A detectable labeled substrate can be incubated, for example in the presence of the biological sample under suitable conditions, and proteolytic products are then determined. Typischerweise wird das Substrat radioaktiv mit Isotopen markiert, wie zum Beispiel I oder 32 P, oder es wird nicht-radioaktiv markiert mit Biotin, Digoxygenin oder einem Fluorphor. Typically, the substrate is radioactively labeled with isotopes such as I or 32 P, or is non-radioactively labeled with biotin, digoxygenin, or a fluorophore.
Proteolytic cleavage products can also be detected by immunoblotting. After washing away unbound protein of the biological sample, the activity of PAPP-A with a synthetic substrate of low molecular weight can be measured, which releases a colored product which can be spectrophotometrically determined.

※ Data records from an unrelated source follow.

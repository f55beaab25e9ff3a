-- ===== src/Sorting.antt =====
-- `toSorted` of ECMAScript arrays: a stable sort by a comparator. The standard fixes the result
-- for a consistent comparator, so an insertion sort that keeps equals in order stands for it.
pub mod Laws
use socket_scan_patterns.Prelude.{Bool, true, false, List, [], ◌∷◌, Ordering, if◌then◌else◌}

-- the comparator's result is not positive
abbrev pub not_after {ℓ} : {A : Type ℓ} → (A → A → Ordering) → A → A → Bool
not_after cmp a b = elim (cmp a b) [ Ordering.gt ↦ false | _ ↦ true ]

module _ {ℓ} {A : Type ℓ} (le : A → A → Bool) where
  unfoldable pub insert_sorted : A → List A → List A
  insert_sorted x [] = x ∷ []
  insert_sorted x (y ∷ ys) =
      let rest = insert_sorted x ys in if le x y then x ∷ y ∷ ys else y ∷ rest

  unfoldable pub sort_by : List A → List A
  unfolding insert_sorted
  sort_by [] = []
  sort_by (x ∷ xs) = insert_sorted x (sort_by xs)

-- `xs.toSorted(cmp)`
unfoldable pub to_sorted {ℓ} : {A : Type ℓ} → (A → A → Ordering) → List A → List A
unfolding sort_by
to_sorted cmp xs = sort_by (not_after cmp) xs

The substrate is specifically labeled, i. After proteolytic cleavage of the substrate labeled fragments in the liquid phase are released and can be determined. The determination of bound IGFBP-4 can be achieved using standard ELISA methodology then by a peroxidase-conjugated monoclonal antibody is used, for example, that recognizes the other tag. IGFBP-4 can also be immobilized and detected using monoclonal antibodies are employed that recognize the N-terminal or the C-terminal.
The proteolytic activity resulting in a decreased signal, dependent on the extent of proteinase activity and time of incubation. The invention also provides methods for the identification of agents prepared that alter the protease activity of PAPP-A. As used herein, "agents" refers to a biological macromolecule such as an oligonucleotide or a peptide, a chemical compound, a mixture of chemical compounds, or a extract isolated from a bacterial agent, a herbal substance, a fungus or an animal material.
Inhibitory agents are identified by incubating an isolated PAPP-A polypeptide, an activator of protease activity and a substrate of PAPP-A with the active ingredient and whether the proteolysis of the substrate is inhibited determining.